What starts as a difference in risk appetite may evolve into a structural divide—one that determines which companies will lead as enterprise gen AI adoption accelerates.
https://e.infogram.com/b89763ef-194b-4b2d-bc56-bd9e68eac012?src=embed&embed_type=responsive_iframe
Vendor Preferences Split by Industry and Use Case
There’s no clear leader yet as firms back different gen AI providers for different goals.
The gen AI vendor landscape remains fragmented, with no single provider earning a majority market share across sectors. Instead, the preferences of corporate users vary widely by industry, reflecting differing priorities around deployment style, institutional readiness to change, data needs and technical integration requirements.
OpenAI, the maker of ChatGPT, leads in overall visibility, driven almost entirely by its dominance in the tech sector. Half of tech firms name the company as their preferred gen AI provider, compared to one-third of goods firms and just 4.8% of services firms. OpenAI’s early lead in prompt-based LLMs, the beating heart of gen AI, and developer-first tools likely explain its traction with product-led teams.

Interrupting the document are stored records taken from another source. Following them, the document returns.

-- ===== src/PodTopologySpread/Filtering.antt =====
-- `Filter` after `calPreFilterState` (pkg/podtopologyspread/filtering.go), as a bound on the skew.
use cozystack_scheduler.Prelude.{
  ℕ, zero, suc, ◌↔◌, length-map, ◌+◌, ◌^◌, ◌<◌, ◌≡◌, refl, ap, ◌∙◌, inl, inr, String, Bool, true,
  false, not, ◌&&◌, Option, none, some, List, [], ◌∷◌, map, arith, ◌==◌, string_eq, if◌then◌else◌,
  All, Bool-cases, Option-cases, length, ltb, leb,
}
use cozystack_scheduler.GoMap.{GoMap, lookup, insert, lookup_or}
use cozystack_scheduler.GoMap.Laws.{insert-HasDistinctKeys}
use cozystack_scheduler.Words.{word, half_word, add64, sub64, slt, extend32}
use cozystack_scheduler.Api.{Labels, Pod, Node}
use cozystack_scheduler.Framework.{
  NodeInfo, Status, success, unschedulable, unschedulable_and_unresolvable, holds,
}
use cozystack_scheduler.PodTopologySpread.{Constraint, PodTopologySpread}
use cozystack_scheduler.PodTopologySpread.CriticalPaths.{
  CriticalPaths, max_int32, new_critical_paths, update_all,
}
use cozystack_scheduler.PodTopologySpread.Minimum.{smin, least, IsCountMap, update_all-minimum}
use cozystack_scheduler.PodTopologySpread.State.{
  TopologyCount, bump, add_count, add_counts, add_nodes, process_node, state_of, exceeds_skew,
  min_match_num, filter_each, run_filter,
}

insert-All :
    (m : GoMap String ℕ) (v : String) (n : ℕ)
    → n < word
    → All (λ e. e.1 < word) m
    → All (λ e. e.1 < word) (insert v n m)
unfolding insert
insert-All [] v n h a = (h, tt)
insert-All ((w, k) ∷ m) v n h a = elim (Bool-cases (w == v)) [
  | inl e ↦ rw e (h, a.1)
  | inr e ↦ rw e (a.0, insert-All m v n h a.1)
]

add64-small : (a b : ℕ) → add64 a b < word
add64-small a b = omega arith

pub bump-IsCountMap :
    (v : String) (n : ℕ) (m : GoMap String ℕ) → IsCountMap m → IsCountMap (bump v n m)
bump-IsCountMap v n m (d, s) =
    (insert-HasDistinctKeys v _ m d, insert-All m v _ (add64-small _ n) s)

add_count-IsCountMap :
    (id : ℕ) (v : String) (n : ℕ) (ms : List (GoMap String ℕ))
    → All IsCountMap ms
    → All IsCountMap (add_count id v n ms)
add_count-IsCountMap id v n [] a = tt
add_count-IsCountMap zero v n (m ∷ ms) a = (bump-IsCountMap v n m a.0, a.1)
add_count-IsCountMap (suc id) v n (m ∷ ms) a = (a.0, add_count-IsCountMap id v n ms a.1)

skew_lem :
    (a b k : ℕ)
    → a < half_word
    → b < half_word
    → k < 2 ^ 31
    → slt (extend32 k) (sub64 a b) ≡ not (leb a (k + b))
skew_lem a b k h i j = ground arith

domains_lem : (n k : ℕ) → n < half_word → k < 2 ^ 31 → slt n (extend32 k) ≡ ltb n k
domains_lem n k h j = ground arith

add_counts-IsCountMap :
    (ts : List TopologyCount) (ms : List (GoMap String ℕ))
    → All IsCountMap ms
    → All IsCountMap (add_counts ts ms)
add_counts-IsCountMap [] ms a = a
add_counts-IsCountMap (t ∷ ts) ms a =
    add_counts-IsCountMap ts _ (add_count-IsCountMap t.constraint_id t.topology_value t.count ms a)

add_count-length :
    (id : ℕ) (v : String) (n : ℕ) (ms : List (GoMap String ℕ))
    → length (add_count id v n ms) ≡ length ms
add_count-length id v n [] = refl
add_count-length zero v n (m ∷ ms) = refl
add_count-length (suc id) v n (m ∷ ms) = ap suc (add_count-length id v n ms)

add_counts-length :
    (ts : List TopologyCount) (ms : List (GoMap String ℕ)) → length (add_counts ts ms) ≡ length ms
add_counts-length [] ms = refl
add_counts-length (t ∷ ts) ms =
    add_counts-length ts _ ∙ add_count-length t.constraint_id t.topology_value t.count ms

empty-IsCountMap :
    {S : Type 0} (cs : List (Constraint S))
    → All IsCountMap (map {A = Constraint S} {B = GoMap String ℕ} (λ c. []) cs)
empty-IsCountMap [] = tt
empty-IsCountMap (c ∷ cs) = ((tt, tt), empty-IsCountMap cs)

smin-small : (a b : ℕ) → a < half_word → b < half_word → smin a b < half_word
smin-small a b h k = ground arith

least-small :
    (m : GoMap String ℕ) (b : ℕ)
    → b < half_word
    → All (λ e. suc e.1 < half_word) m
    → least b m < half_word
least-small [] b h a = h
least-small ((v, n) ∷ m) b h a =
    least-small m (smin b n) (smin-small b n h (omega (arith, a.0))) a.1

lookup_or-small :
    (v : String) (m : GoMap String ℕ)
    → All (λ e. suc e.1 < half_word) m
    → suc (lookup_or 0 v m) < half_word
unfolding lookup
lookup_or-small v [] a = omega arith
lookup_or-small v ((w, n) ∷ m) a = ground (arith, lookup_or-small v m a.1)

self_lem :
    (a : ℕ) (b : Bool) → suc a < half_word → add64 a (if b then 1 else 0) ≡ a + (if b then 1 else 0)
self_lem a b h = ground arith

self-small : (a : ℕ) (b : Bool) → suc a < half_word → a + (if b then 1 else 0) < half_word
self-small a b h = ground arith

choice-small : (b : Bool) (a : ℕ) → a < half_word → (if b then 0 else a) < half_word
choice-small b a h = ground arith

minimum_lem :
    (b b' : Bool) (a a' : ℕ) → b ≡ b' → a ≡ a' → (if b then 0 else a) ≡ (if b' then 0 else a')
minimum_lem b b' a a' e f = ground arith

-- The numbers of a constraint's map, and of its entries, stay below the sign bit of an int.
abbrev pub FitsInt : GoMap String ℕ → Type 0
FitsInt m = All (λ e. suc e.1 < half_word) m × (length m < half_word)

-- The int32 fields of a constraint are not negative, as the API server demands.
abbrev pub IsValid : {S : Type 0} → Constraint S → Type 0
IsValid c = (c.max_skew < 2 ^ 31) × (c.min_domains < 2 ^ 31)

-- The least number of a domain, or 0 where there are fewer domains than the constraint asks for.
abbrev pub global_minimum : {S : Type 0} → Constraint S → GoMap String ℕ → ℕ
global_minimum c m = if ltb (length m) c.min_domains then 0 else least max_int32 m

-- The first path of each constraint has the least number of its map, and at most the greatest int32.
abbrev pub AreLeast : List CriticalPaths → List (GoMap String ℕ) → Type 0
AreLeast ps [] = Unit
AreLeast [] (m ∷ ms) = ⊥
AreLeast (p ∷ ps) (m ∷ ms) = (p.first.match_num ≡ least max_int32 m) × AreLeast ps ms

update_all-AreLeast :
    (ms : List (GoMap String ℕ))
    → All IsCountMap ms
    → AreLeast (map (update_all new_critical_paths) ms) ms
update_all-AreLeast [] a = tt
update_all-AreLeast (m ∷ ms) a = (update_all-minimum m a.0, update_all-AreLeast ms a.1)

-- What `Filter` returned: it did not panic, and it passed the node exactly if `b` is true.
abbrev pub Decides : Option Status → Bool → Type 0
Decides r b = (st : Status) × (r ≡ some st) × ((st ≡ success) ↔ (b ≡ true))

Decides-success : Decides (some success) true
Decides-success = (success, refl, ((λ h. refl), (λ h. refl)))

Decides-unschedulable : (reason : String) → Decides (some (unschedulable reason)) false
Decides-unschedulable reason = (unschedulable reason, refl, ((λ h. cc), (λ h. cc)))

Decides-unresolvable :
    (reason : String) → Decides (some (unschedulable_and_unresolvable reason)) false
Decides-unresolvable reason = (unschedulable_and_unresolvable reason, refl, ((λ h. cc), (λ h. cc)))

module _ {S R Object Raw : Type 0} (pl : PodTopologySpread S R Object Raw) where
  -- existing matching num + self match <= max skew + global minimum, over the natural numbers
  abbrev pub within_skew : Labels → Constraint S → GoMap String ℕ → String → Bool
  within_skew pod_labels c m v =
      leb (lookup_or 0 v m + (if pl.selectors.matches c.selector pod_labels then 1 else 0))
        (c.max_skew + global_minimum c m)

  -- The node has the label of each constraint, and none of their domains gets too full.
  abbrev pub fits_all : Labels → Node → List (Constraint S) → List (GoMap String ℕ) → Bool
  fits_all pod_labels node (c ∷ cs) (m ∷ ms) =
      (elim (lookup c.topology_key node.labels) [
        | none ↦ false
        | some v ↦ within_skew pod_labels c m v
      ])
      && fits_all pod_labels node cs ms
  fits_all pod_labels node cs ms = true

  exceeds_skew-within :
      (pod_labels : Labels) (c : Constraint S) (p : CriticalPaths) (m : GoMap String ℕ) (v : String)
      → IsValid c
      → p.first.match_num ≡ least max_int32 m
      → FitsInt m
      → exceeds_skew pl pod_labels c p m v ≡ not (within_skew pod_labels c m v)
  exceeds_skew-within pod_labels c p m v valid paths fits =
      let domains : slt (length m) (extend32 c.min_domains) ≡ ltb (length m) c.min_domains =
        domains_lem (length m) c.min_domains fits.1 valid.1 in
      let num : suc (lookup_or 0 v m) < half_word = lookup_or-small v m fits.0 in
      let low : least max_int32 m < half_word = least-small m max_int32 (omega arith) fits.0 in
      let minimum : min_match_num p m c.min_domains ≡ global_minimum c m =
        minimum_lem _ _ _ _ domains paths in
      let self = pl.selectors.matches c.selector pod_labels in
      rw (self_lem (lookup_or 0 v m) self num, minimum)
        (skew_lem _ _ c.max_skew (self-small _ self num)
          (choice-small (ltb (length m) c.min_domains) _ low) valid.0)

  pub filter_each-Decides :
      (pod_labels : Labels) (node : Node) (cs : List (Constraint S)) (ps : List CriticalPaths)
      (ms : List (GoMap String ℕ))
      → length ms ≡ length cs
      → AreLeast ps ms
      → All IsValid cs
      → All FitsInt ms
      → Decides (filter_each pl pod_labels node cs ps ms) (fits_all pod_labels node cs ms)
  unfolding filter_each
  filter_each-Decides pod_labels node [] ps ms len least valid fits = Decides-success
  filter_each-Decides pod_labels node (c ∷ cs) ps [] len least valid fits = cc
  filter_each-Decides pod_labels node (c ∷ cs) [] (m ∷ ms) len least valid fits = elim least [ ]
  filter_each-Decides pod_labels node (c ∷ cs) (p ∷ ps) (m ∷ ms) len least valid fits =
      let rest =
        filter_each-Decides pod_labels node cs ps ms (omega (arith, len)) least.1 valid.1 fits.1 in
      elim (Option-cases (lookup c.topology_key node.labels)) [
        | inl e ↦ rw (filter_each, e) (Decides-unresolvable _)
        | inr (v, e) ↦
            let skew = exceeds_skew-within pod_labels c p m v valid.0 least.0 fits.0 in
            elim (Bool-cases (within_skew pod_labels c m v)) [
              | inl w ↦ rw (filter_each, e, skew, w) rest
              | inr w ↦ rw (filter_each, e, skew, w) (Decides-unschedulable _)
            ]
      ]

  add_nodes-IsCountMap :
      (pod : Pod) (cs : List (Constraint S)) (ns : List (NodeInfo S)) (ms : List (GoMap String ℕ))
      → All IsCountMap ms
      → All IsCountMap (add_nodes pl pod cs ns ms)
  add_nodes-IsCountMap pod cs [] ms a = a
  add_nodes-IsCountMap pod cs (n ∷ ns) ms a =
      add_nodes-IsCountMap pod cs ns _ (add_counts-IsCountMap (process_node pl pod cs n) ms a)

  add_nodes-length :
      (pod : Pod) (cs : List (Constraint S)) (ns : List (NodeInfo S)) (ms : List (GoMap String ℕ))
      → length (add_nodes pl pod cs ns ms) ≡ length ms
  add_nodes-length pod cs [] ms = refl
  add_nodes-length pod cs (n ∷ ns) ms =
      add_nodes-length pod cs ns _ ∙ add_counts-length (process_node pl pod cs n) ms

  -- The maps of the state are maps of counts, one for each constraint.
  pub state_of-IsCountMap :
      (pod : Pod) (cs : List (Constraint S)) (ns : List (NodeInfo S))
      → All IsCountMap (state_of pl pod cs ns).tp_value_to_match_num
        × (length (state_of pl pod cs ns).tp_value_to_match_num ≡ length cs)
  unfolding state_of
  state_of-IsCountMap pod cs ns = (
    add_nodes-IsCountMap pod cs ns _ (empty-IsCountMap cs),
    add_nodes-length pod cs ns _ ∙ length-map _ cs,
  )

  -- On the state that `calPreFilterState` computes from constraints whose int32 fields are not
  -- negative, where the numbers are below 2 ^ 63 - 1 and there are fewer than 2 ^ 63 domains,
  -- `Filter` does not index out of range, and it passes a node exactly if the node has the label of
  -- every constraint and the pod there stays within every constraint's skew over the natural numbers.
  pub run_filter-Decides :
      (pod : Pod) (constraints : List (Constraint S)) (all_nodes : List (NodeInfo S))
      (info : NodeInfo S)
      → All IsValid constraints
      → All FitsInt (state_of pl pod constraints all_nodes).tp_value_to_match_num
      → Decides (run_filter pl (holds (state_of pl pod constraints all_nodes)) pod info) (
          fits_all pod.labels info.node constraints
            (state_of pl pod constraints all_nodes).tp_value_to_match_num)
  unfolding run_filter state_of
  run_filter-Decides pod constraints all_nodes info valid fits =
      filter_each-Decides pod.labels info.node constraints _ _
        (state_of-IsCountMap pod constraints all_nodes).1
        (update_all-AreLeast _ (state_of-IsCountMap pod constraints all_nodes).0) valid fits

Conversely, services firms gravitate toward giants known for their ability to integrate a variety of tools across enterprises. Microsoft has captured 1 in 4 services firms. Rival Amazon AWS (Amazon Web Services) comes in 10 percentage points behind, at 14%. Nvidia registered 19% among services firms—well above its share among tech and goods firms—likely due to its infrastructure capabilities and long-standing position in data-rich environments.
Google shows cross-sector strength, capturing nearly 30% of goods companies, 25% of tech firms and 19% in services. It remains one of the only vendors with traction across all three sectors, underscoring its hybrid value proposition of cloud flexibility and AI tooling.
The rest of the vendor market remains highly fragmented. Vendors like Meta, Apple and Mistral each earn low, single-digit support. Apple, in particular, appears to be playing catch-up. The iPhone behemoth has failed to reach double-digit market penetration in any segment.
This fragmentation signals a market in motion. As companies using gen AI prioritize features like fine-tuning, security, vertical specialization and model transparency, provider allegiances will likely remain dynamic—creating room for both incumbents and challengers to shape what “enterprise-ready” gen AI really means.